▶ PROVIDED RECORDS:
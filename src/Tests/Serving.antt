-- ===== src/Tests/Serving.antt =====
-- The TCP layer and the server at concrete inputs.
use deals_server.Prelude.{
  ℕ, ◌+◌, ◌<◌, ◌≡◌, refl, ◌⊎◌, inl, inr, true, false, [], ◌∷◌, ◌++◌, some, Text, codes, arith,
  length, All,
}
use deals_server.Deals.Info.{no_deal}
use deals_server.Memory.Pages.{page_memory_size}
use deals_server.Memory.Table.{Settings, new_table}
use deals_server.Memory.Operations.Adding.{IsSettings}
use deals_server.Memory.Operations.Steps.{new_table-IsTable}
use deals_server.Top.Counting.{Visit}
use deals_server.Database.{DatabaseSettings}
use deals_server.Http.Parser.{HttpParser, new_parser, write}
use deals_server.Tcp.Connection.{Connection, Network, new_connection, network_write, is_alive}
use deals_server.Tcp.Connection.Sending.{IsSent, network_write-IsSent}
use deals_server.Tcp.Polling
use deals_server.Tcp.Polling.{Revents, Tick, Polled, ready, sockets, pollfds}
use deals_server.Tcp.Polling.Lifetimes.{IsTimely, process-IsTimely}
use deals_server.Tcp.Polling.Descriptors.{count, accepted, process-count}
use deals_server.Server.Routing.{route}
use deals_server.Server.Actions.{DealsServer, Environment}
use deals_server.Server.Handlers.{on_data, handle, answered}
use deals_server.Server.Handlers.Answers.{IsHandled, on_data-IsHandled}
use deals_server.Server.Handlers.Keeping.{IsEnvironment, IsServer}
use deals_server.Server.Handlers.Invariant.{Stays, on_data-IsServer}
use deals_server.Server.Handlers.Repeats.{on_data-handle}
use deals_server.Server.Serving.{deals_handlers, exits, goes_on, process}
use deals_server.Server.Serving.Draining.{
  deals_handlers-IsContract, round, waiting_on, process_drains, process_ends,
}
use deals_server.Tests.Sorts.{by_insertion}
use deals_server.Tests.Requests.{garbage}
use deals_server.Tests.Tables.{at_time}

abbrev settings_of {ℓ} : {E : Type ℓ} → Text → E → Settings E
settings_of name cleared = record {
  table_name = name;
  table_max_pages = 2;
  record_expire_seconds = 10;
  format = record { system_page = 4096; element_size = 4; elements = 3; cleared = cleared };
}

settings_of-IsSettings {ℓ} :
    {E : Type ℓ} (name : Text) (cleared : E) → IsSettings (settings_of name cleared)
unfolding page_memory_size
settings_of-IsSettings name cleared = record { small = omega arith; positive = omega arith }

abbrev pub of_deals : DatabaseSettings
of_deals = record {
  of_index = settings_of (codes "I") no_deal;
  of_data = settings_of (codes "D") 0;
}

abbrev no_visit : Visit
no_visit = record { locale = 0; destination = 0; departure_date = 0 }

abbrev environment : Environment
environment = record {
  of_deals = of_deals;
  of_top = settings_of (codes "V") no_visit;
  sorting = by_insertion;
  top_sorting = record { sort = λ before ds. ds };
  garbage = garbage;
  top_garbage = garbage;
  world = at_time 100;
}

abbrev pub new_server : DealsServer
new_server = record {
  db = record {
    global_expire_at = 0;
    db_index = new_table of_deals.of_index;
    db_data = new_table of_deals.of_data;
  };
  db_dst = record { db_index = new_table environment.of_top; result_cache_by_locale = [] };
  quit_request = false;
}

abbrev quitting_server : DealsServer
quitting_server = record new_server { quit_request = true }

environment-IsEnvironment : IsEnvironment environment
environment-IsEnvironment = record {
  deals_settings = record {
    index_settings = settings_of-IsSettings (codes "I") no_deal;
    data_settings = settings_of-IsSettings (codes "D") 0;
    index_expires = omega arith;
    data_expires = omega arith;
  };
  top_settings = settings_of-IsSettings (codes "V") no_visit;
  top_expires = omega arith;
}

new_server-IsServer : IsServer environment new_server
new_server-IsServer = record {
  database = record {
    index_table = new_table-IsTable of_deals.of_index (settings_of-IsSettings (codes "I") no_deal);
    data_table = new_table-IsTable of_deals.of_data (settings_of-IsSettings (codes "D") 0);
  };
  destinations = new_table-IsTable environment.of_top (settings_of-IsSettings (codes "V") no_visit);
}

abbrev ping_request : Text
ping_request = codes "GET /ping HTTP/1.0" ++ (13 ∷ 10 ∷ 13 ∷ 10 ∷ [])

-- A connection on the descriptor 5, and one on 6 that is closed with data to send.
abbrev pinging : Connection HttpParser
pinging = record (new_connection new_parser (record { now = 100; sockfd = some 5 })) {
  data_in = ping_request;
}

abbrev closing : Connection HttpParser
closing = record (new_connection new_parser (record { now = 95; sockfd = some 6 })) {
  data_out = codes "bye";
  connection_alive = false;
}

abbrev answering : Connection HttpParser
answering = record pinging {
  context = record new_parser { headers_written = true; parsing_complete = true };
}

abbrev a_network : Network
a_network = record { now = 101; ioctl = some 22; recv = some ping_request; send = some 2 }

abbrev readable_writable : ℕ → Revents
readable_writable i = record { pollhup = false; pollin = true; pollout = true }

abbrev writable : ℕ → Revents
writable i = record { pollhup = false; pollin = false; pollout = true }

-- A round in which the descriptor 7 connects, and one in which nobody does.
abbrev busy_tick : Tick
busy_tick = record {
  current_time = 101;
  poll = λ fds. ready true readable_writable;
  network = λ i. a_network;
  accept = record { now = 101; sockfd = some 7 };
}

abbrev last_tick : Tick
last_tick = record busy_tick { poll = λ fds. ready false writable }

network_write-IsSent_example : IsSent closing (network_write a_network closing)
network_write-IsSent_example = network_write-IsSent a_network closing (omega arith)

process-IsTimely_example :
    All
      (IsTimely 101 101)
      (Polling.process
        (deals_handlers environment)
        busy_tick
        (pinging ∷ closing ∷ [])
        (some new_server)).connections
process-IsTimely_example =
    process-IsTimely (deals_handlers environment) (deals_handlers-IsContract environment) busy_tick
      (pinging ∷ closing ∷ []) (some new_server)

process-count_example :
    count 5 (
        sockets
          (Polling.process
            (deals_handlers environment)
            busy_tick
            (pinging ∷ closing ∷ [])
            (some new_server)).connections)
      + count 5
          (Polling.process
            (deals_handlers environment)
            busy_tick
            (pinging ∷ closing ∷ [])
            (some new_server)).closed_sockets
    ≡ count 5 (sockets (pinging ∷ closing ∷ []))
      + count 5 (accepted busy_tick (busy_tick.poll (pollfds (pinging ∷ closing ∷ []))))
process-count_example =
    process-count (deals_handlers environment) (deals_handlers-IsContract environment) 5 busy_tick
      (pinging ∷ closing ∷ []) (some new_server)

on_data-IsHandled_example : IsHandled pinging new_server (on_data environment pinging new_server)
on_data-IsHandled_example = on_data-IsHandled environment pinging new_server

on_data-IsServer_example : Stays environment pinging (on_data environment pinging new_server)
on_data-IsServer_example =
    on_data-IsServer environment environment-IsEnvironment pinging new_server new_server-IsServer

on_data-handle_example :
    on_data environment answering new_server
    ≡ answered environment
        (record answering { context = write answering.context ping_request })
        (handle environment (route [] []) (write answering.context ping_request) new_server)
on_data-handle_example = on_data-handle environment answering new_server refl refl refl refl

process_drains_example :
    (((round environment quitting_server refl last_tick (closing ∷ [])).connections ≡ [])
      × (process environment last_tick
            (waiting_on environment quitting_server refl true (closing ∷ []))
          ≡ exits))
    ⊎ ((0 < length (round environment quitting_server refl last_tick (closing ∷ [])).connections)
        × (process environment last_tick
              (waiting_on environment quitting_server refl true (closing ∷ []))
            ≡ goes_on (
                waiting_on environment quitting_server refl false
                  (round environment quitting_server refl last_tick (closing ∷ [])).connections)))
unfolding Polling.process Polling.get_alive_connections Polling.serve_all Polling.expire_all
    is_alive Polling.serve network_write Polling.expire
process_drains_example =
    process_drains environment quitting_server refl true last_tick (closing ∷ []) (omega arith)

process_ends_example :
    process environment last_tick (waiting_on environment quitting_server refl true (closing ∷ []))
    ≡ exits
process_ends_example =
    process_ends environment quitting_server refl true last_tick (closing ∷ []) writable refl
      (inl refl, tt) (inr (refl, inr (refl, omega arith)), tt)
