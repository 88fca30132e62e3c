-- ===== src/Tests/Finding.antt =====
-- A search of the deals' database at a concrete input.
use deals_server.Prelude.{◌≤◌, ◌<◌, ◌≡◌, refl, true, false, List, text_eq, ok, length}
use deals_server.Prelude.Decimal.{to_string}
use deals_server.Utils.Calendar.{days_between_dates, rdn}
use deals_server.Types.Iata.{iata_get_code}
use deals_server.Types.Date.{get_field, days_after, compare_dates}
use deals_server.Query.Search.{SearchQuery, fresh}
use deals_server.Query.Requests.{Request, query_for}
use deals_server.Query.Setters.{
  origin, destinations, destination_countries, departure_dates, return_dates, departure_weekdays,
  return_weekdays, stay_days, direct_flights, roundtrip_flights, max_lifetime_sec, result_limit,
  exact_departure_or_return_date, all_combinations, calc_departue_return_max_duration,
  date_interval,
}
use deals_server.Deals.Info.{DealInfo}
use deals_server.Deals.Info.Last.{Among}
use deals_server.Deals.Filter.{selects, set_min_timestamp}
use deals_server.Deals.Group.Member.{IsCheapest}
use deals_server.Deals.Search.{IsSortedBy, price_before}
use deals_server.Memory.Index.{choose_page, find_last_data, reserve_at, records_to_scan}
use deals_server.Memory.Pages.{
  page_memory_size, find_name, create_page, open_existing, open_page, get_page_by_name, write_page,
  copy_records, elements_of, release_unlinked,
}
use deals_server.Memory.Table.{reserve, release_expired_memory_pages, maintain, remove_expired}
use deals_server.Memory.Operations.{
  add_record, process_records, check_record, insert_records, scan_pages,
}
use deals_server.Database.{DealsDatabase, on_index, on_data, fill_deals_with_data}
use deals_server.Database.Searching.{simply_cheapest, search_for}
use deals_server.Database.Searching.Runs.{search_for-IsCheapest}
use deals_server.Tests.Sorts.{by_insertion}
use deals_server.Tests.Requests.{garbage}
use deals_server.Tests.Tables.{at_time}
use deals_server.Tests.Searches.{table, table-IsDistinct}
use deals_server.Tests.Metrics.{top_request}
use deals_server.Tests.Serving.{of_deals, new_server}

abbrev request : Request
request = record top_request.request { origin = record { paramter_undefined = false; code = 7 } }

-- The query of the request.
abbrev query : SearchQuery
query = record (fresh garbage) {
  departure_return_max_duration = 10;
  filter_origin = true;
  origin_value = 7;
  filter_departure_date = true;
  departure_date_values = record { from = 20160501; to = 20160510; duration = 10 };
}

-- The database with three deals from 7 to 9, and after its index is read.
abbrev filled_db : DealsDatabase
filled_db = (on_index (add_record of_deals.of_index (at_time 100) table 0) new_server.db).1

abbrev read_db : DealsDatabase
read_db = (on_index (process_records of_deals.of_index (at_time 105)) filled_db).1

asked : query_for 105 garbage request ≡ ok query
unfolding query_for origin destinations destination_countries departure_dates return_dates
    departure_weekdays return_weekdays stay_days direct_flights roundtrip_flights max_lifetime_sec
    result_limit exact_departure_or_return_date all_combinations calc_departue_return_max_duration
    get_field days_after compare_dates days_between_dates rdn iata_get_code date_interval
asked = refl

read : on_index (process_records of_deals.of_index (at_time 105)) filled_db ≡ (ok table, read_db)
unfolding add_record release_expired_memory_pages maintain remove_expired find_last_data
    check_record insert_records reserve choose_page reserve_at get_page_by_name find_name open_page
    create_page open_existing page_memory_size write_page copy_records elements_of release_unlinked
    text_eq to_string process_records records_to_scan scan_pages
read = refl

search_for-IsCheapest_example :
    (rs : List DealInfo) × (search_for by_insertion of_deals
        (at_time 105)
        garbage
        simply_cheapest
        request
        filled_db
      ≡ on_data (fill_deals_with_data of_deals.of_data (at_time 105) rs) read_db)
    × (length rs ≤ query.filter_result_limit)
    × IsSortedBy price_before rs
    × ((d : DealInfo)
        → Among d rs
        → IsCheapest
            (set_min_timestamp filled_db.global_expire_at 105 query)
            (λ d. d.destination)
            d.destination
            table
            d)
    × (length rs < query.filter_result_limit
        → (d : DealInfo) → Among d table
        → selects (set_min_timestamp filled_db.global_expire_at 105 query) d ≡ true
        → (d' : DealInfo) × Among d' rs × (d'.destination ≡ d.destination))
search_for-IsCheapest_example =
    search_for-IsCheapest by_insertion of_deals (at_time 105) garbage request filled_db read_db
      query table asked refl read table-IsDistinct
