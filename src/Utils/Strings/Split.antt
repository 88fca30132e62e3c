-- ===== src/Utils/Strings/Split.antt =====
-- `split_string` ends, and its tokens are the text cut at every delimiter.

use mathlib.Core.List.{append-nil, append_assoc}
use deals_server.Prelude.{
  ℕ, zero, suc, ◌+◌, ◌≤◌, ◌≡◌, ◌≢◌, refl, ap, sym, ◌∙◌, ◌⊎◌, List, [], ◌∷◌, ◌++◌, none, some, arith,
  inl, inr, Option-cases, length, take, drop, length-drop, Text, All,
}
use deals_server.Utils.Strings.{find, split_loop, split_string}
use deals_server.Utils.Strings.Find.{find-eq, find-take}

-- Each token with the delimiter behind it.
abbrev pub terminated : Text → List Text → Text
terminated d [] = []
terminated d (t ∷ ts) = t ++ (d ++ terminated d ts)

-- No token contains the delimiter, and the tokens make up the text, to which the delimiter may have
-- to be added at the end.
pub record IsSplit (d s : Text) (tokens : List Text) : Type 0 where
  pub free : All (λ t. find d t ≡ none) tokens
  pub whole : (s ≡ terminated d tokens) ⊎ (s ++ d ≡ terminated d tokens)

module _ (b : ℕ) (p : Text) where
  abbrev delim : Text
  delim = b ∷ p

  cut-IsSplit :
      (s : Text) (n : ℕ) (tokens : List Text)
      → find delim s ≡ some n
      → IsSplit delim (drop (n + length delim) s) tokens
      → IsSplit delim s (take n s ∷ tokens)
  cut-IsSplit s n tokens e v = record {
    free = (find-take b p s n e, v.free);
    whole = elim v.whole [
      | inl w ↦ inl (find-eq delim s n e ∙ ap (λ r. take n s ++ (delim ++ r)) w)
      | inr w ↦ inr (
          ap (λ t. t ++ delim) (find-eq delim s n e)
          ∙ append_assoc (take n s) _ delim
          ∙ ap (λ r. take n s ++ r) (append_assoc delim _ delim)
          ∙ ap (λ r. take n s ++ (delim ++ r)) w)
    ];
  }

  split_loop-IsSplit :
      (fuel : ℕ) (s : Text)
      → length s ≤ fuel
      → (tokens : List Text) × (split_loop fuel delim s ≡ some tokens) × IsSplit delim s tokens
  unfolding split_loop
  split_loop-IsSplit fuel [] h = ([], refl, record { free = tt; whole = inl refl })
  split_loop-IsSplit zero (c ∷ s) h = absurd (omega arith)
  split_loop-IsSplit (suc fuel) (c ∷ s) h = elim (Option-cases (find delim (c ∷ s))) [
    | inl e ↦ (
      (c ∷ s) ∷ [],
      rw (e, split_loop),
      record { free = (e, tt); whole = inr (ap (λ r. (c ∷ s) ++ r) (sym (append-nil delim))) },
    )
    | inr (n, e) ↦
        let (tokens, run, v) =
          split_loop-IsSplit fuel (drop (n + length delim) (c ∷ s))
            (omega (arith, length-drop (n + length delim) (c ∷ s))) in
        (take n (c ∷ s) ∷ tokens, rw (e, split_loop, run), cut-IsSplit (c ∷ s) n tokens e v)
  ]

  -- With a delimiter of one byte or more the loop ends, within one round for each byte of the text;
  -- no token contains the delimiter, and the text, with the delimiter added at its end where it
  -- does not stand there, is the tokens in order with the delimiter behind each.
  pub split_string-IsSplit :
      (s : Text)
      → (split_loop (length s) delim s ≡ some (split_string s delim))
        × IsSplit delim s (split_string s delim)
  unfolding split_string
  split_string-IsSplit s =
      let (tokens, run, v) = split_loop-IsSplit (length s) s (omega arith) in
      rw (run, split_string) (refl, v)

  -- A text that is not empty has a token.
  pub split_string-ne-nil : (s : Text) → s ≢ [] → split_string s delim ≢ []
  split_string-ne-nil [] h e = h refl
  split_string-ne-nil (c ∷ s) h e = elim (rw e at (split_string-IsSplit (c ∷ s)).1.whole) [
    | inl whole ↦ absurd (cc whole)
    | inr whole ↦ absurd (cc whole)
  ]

▶ EXERCISE: Your task is to transcribe, with no changes, only the lines of the listing above that lie between the line holding "delim s tokens" and the line holding "(omega (arith, length-drop", inclusive.

▶ ANSWER TO THIS TASK:
      → (tokens : List Text) × (split_loop fuel delim s ≡ some tokens) × IsSplit delim s tokens
  unfolding split_loop
  split_loop-IsSplit fuel [] h = ([], refl, record { free = tt; whole = inl refl })
  split_loop-IsSplit zero (c ∷ s) h = absurd (omega arith)
  split_loop-IsSplit (suc fuel) (c ∷ s) h = elim (Option-cases (find delim (c ∷ s))) [
    | inl e ↦ (
      (c ∷ s) ∷ [],
      rw (e, split_loop),
      record { free = (e, tt); whole = inr (ap (λ r. (c ∷ s) ++ r) (sym (append-nil delim))) },
    )
    | inr (n, e) ↦
        let (tokens, run, v) =
          split_loop-IsSplit fuel (drop (n + length delim) (c ∷ s))
            (omega (arith, length-drop (n + length delim) (c ∷ s))) in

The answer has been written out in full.